Find the line with "unless_empty (trim text)" in the entries below. Repeat it, every following line, and the line with "(not (eqb (length", exactly and with nothing added.
Content starts
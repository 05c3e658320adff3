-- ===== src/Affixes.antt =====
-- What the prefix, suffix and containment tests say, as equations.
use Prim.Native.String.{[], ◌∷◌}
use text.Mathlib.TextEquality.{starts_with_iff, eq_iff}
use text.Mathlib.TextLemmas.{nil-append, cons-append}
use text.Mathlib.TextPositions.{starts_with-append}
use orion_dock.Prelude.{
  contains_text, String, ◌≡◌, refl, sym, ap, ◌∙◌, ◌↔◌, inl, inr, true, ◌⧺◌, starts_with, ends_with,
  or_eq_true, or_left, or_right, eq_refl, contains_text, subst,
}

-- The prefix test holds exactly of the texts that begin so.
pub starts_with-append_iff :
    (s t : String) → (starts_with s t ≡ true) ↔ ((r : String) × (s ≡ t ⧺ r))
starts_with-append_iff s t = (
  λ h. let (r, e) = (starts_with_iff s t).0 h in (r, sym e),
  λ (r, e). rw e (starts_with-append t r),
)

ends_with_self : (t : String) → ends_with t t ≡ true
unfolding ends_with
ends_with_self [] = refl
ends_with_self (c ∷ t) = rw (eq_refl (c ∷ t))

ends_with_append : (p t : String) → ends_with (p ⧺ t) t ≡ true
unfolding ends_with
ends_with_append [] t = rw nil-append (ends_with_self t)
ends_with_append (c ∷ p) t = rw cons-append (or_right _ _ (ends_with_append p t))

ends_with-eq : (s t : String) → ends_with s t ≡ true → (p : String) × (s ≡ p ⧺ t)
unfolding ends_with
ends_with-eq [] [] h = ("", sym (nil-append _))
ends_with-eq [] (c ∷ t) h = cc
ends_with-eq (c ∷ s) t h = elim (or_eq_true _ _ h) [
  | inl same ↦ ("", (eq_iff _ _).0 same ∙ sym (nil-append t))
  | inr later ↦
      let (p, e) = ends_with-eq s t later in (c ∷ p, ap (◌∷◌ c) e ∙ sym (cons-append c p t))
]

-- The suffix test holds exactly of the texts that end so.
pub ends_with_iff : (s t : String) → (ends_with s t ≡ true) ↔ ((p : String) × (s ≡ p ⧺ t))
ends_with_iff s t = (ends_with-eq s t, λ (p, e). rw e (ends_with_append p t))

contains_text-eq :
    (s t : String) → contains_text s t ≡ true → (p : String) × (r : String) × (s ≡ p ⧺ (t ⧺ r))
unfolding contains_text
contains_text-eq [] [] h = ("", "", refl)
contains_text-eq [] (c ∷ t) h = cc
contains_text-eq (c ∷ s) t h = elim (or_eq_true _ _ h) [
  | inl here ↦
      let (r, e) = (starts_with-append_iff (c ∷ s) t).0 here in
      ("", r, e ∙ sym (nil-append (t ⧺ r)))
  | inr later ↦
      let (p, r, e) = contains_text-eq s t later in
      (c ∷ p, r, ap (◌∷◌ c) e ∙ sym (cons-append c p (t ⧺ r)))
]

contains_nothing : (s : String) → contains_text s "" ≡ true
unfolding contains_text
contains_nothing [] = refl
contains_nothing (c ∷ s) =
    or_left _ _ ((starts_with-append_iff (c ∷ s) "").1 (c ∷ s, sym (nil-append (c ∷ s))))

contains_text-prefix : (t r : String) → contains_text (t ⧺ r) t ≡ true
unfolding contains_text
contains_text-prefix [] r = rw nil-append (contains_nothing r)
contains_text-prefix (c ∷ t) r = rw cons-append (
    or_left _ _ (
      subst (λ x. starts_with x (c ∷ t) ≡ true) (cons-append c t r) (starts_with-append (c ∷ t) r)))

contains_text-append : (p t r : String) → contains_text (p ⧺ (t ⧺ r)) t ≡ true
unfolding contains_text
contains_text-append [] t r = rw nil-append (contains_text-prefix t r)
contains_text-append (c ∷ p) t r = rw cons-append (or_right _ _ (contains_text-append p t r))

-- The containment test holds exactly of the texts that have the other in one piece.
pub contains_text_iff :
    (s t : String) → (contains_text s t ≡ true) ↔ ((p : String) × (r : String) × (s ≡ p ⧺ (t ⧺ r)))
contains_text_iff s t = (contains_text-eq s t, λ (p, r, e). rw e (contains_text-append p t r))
Content ends
Content starts
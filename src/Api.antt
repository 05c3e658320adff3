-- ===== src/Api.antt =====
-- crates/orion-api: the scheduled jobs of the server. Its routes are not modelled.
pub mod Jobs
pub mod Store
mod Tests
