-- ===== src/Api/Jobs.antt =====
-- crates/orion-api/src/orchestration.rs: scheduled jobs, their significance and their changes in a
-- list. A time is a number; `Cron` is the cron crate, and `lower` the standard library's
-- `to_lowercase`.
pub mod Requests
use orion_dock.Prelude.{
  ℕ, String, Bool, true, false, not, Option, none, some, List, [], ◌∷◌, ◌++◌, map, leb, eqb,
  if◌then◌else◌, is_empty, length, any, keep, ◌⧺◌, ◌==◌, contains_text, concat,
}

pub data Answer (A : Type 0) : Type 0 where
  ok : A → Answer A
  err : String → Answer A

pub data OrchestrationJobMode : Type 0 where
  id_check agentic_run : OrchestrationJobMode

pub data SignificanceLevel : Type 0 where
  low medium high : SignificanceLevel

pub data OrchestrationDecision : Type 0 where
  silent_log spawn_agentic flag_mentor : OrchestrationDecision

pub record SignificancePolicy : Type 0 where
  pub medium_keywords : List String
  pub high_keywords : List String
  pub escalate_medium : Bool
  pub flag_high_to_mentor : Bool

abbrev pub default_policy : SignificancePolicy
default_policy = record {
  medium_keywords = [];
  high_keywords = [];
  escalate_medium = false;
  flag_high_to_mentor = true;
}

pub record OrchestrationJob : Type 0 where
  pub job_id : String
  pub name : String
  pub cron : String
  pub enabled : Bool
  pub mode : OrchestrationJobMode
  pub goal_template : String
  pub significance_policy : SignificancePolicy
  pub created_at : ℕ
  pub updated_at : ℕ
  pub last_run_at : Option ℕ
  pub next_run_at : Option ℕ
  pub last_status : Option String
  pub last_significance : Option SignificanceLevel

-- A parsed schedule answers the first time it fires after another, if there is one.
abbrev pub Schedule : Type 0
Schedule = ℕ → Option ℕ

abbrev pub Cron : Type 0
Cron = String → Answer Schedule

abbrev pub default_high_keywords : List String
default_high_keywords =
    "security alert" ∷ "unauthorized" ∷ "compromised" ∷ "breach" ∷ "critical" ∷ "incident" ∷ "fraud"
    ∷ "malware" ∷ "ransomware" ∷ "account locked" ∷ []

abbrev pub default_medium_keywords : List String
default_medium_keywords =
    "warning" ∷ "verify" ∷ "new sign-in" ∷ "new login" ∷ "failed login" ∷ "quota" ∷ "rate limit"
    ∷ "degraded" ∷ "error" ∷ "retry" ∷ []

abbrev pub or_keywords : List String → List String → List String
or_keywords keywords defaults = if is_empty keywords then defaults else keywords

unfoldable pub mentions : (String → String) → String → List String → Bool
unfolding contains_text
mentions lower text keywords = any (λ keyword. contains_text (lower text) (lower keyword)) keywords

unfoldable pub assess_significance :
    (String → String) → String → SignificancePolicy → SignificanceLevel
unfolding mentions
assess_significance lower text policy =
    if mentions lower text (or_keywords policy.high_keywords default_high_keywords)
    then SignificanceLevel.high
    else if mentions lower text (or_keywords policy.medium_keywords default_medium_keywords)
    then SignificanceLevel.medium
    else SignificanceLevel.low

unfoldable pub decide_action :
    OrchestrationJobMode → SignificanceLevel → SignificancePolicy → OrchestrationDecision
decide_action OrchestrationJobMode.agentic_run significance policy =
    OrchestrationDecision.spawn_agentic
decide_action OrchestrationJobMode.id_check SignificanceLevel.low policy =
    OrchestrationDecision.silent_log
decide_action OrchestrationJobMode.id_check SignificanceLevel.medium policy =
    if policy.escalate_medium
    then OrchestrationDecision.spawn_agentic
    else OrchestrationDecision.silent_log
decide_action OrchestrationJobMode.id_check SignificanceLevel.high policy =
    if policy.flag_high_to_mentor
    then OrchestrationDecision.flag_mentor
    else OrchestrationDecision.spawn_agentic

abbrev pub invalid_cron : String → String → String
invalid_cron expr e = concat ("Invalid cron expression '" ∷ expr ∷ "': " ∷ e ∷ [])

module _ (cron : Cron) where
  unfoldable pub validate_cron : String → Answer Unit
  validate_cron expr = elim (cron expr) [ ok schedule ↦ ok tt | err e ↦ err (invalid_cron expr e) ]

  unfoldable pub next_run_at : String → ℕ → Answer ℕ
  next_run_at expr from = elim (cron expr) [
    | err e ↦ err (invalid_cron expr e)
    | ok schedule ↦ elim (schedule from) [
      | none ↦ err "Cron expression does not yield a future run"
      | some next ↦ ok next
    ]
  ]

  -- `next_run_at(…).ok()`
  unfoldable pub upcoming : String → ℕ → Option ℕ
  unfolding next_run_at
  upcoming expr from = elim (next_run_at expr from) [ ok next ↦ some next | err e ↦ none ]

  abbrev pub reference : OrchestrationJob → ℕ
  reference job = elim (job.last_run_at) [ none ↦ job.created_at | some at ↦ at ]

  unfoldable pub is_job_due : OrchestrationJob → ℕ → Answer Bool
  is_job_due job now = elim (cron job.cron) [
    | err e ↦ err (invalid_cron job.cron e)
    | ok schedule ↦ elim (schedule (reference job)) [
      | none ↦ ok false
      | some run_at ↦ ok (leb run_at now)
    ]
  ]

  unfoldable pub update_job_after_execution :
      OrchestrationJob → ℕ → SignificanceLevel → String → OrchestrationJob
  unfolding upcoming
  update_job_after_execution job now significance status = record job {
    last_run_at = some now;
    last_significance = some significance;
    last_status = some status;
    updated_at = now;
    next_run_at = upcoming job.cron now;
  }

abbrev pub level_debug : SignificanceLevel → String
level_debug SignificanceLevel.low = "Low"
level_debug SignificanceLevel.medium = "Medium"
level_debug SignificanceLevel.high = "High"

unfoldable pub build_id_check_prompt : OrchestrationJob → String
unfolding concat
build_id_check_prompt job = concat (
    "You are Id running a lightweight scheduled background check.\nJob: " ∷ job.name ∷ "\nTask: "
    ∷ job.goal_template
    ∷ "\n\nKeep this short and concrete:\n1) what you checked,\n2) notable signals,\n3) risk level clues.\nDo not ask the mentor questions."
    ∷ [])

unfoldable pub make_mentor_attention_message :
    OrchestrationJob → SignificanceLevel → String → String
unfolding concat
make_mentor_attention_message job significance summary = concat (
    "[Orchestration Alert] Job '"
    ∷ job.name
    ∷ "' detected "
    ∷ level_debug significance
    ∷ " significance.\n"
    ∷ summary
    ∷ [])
Content ends
Content starts
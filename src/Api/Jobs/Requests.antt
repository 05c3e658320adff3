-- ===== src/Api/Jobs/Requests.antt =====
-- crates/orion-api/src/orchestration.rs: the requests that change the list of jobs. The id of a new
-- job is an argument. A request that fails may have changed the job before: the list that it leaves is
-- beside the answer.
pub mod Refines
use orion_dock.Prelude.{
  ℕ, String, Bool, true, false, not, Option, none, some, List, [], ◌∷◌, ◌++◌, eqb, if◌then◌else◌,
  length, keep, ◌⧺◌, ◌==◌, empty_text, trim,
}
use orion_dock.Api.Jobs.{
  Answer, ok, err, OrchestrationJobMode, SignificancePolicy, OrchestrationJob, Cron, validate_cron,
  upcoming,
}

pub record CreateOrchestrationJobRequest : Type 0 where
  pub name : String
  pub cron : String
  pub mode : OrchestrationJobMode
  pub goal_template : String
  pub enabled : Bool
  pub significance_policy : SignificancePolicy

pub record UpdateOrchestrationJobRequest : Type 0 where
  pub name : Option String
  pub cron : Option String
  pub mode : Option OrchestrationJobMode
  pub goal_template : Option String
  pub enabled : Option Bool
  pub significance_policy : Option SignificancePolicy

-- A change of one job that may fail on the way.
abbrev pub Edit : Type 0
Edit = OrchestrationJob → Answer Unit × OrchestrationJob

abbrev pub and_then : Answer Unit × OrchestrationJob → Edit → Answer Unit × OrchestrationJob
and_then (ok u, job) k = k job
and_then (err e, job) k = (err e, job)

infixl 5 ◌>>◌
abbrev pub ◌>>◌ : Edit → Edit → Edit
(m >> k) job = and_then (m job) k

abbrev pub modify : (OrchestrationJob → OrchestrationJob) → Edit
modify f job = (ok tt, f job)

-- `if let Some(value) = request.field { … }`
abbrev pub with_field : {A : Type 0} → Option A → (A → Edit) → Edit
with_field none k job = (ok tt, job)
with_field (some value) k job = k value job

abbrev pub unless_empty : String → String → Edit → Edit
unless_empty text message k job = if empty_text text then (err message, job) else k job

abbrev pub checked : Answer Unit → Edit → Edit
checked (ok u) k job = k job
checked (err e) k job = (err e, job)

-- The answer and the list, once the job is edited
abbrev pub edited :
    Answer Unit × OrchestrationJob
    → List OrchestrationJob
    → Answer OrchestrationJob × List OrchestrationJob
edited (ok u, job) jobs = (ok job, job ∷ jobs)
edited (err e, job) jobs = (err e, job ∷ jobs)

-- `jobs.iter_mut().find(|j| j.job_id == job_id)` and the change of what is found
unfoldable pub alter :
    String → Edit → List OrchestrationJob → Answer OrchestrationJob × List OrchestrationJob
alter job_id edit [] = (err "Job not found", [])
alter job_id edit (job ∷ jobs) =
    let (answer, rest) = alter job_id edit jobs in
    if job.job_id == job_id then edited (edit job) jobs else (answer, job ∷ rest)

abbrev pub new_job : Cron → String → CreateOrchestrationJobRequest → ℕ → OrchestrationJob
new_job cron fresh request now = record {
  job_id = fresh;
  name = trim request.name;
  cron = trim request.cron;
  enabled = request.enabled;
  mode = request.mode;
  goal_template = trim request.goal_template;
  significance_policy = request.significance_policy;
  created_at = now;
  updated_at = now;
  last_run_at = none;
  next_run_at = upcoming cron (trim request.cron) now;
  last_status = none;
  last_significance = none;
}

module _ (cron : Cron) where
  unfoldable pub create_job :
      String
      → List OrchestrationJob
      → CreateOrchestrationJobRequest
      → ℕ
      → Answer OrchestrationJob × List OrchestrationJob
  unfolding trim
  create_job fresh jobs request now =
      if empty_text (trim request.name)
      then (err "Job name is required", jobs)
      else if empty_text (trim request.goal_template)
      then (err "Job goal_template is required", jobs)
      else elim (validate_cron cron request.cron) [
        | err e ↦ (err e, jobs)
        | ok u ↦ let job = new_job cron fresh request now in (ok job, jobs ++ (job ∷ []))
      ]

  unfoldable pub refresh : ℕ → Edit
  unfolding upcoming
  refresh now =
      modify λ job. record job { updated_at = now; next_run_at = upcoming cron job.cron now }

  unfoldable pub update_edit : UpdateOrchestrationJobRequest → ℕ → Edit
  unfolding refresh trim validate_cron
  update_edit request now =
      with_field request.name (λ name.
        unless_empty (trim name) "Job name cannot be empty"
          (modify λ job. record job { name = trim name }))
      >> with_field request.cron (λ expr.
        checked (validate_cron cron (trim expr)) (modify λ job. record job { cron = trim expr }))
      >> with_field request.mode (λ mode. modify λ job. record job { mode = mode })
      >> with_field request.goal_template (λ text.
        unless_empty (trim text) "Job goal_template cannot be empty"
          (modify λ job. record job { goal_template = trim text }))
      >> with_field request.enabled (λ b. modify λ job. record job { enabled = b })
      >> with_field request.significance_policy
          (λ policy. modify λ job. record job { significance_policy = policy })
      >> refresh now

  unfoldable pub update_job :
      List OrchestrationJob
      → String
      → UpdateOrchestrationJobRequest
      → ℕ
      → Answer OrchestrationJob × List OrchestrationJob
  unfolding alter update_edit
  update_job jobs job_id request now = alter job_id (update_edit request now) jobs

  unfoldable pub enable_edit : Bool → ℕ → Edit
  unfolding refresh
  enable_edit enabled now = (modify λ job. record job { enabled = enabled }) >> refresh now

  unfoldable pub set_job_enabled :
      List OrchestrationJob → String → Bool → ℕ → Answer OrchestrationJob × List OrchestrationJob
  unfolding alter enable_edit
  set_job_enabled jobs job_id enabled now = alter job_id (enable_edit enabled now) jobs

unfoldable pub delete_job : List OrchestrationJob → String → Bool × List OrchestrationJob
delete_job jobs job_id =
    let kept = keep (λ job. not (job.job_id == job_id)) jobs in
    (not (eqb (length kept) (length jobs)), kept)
Content ends
RESPONSE.
        unless_empty (trim text) "Job goal_template cannot be empty"
          (modify λ job. record job { goal_template = trim text }))
      >> with_field request.enabled (λ b. modify λ job. record job { enabled = b })
      >> with_field request.significance_policy
          (λ policy. modify λ job. record job { significance_policy = policy })
      >> refresh now

  unfoldable pub update_job :
      List OrchestrationJob
      → String
      → UpdateOrchestrationJobRequest
      → ℕ
      → Answer OrchestrationJob × List OrchestrationJob
  unfolding alter update_edit
  update_job jobs job_id request now = alter job_id (update_edit request now) jobs

  unfoldable pub enable_edit : Bool → ℕ → Edit
  unfolding refresh
  enable_edit enabled now = (modify λ job. record job { enabled = enabled }) >> refresh now

  unfoldable pub set_job_enabled :
      List OrchestrationJob → String → Bool → ℕ → Answer OrchestrationJob × List OrchestrationJob
  unfolding alter enable_edit
  set_job_enabled jobs job_id enabled now = alter job_id (enable_edit enabled now) jobs

unfoldable pub delete_job : List OrchestrationJob → String → Bool × List OrchestrationJob
delete_job jobs job_id =
    let kept = keep (λ job. not (job.job_id == job_id)) jobs in
    (not (eqb (length kept) (length jobs)), kept)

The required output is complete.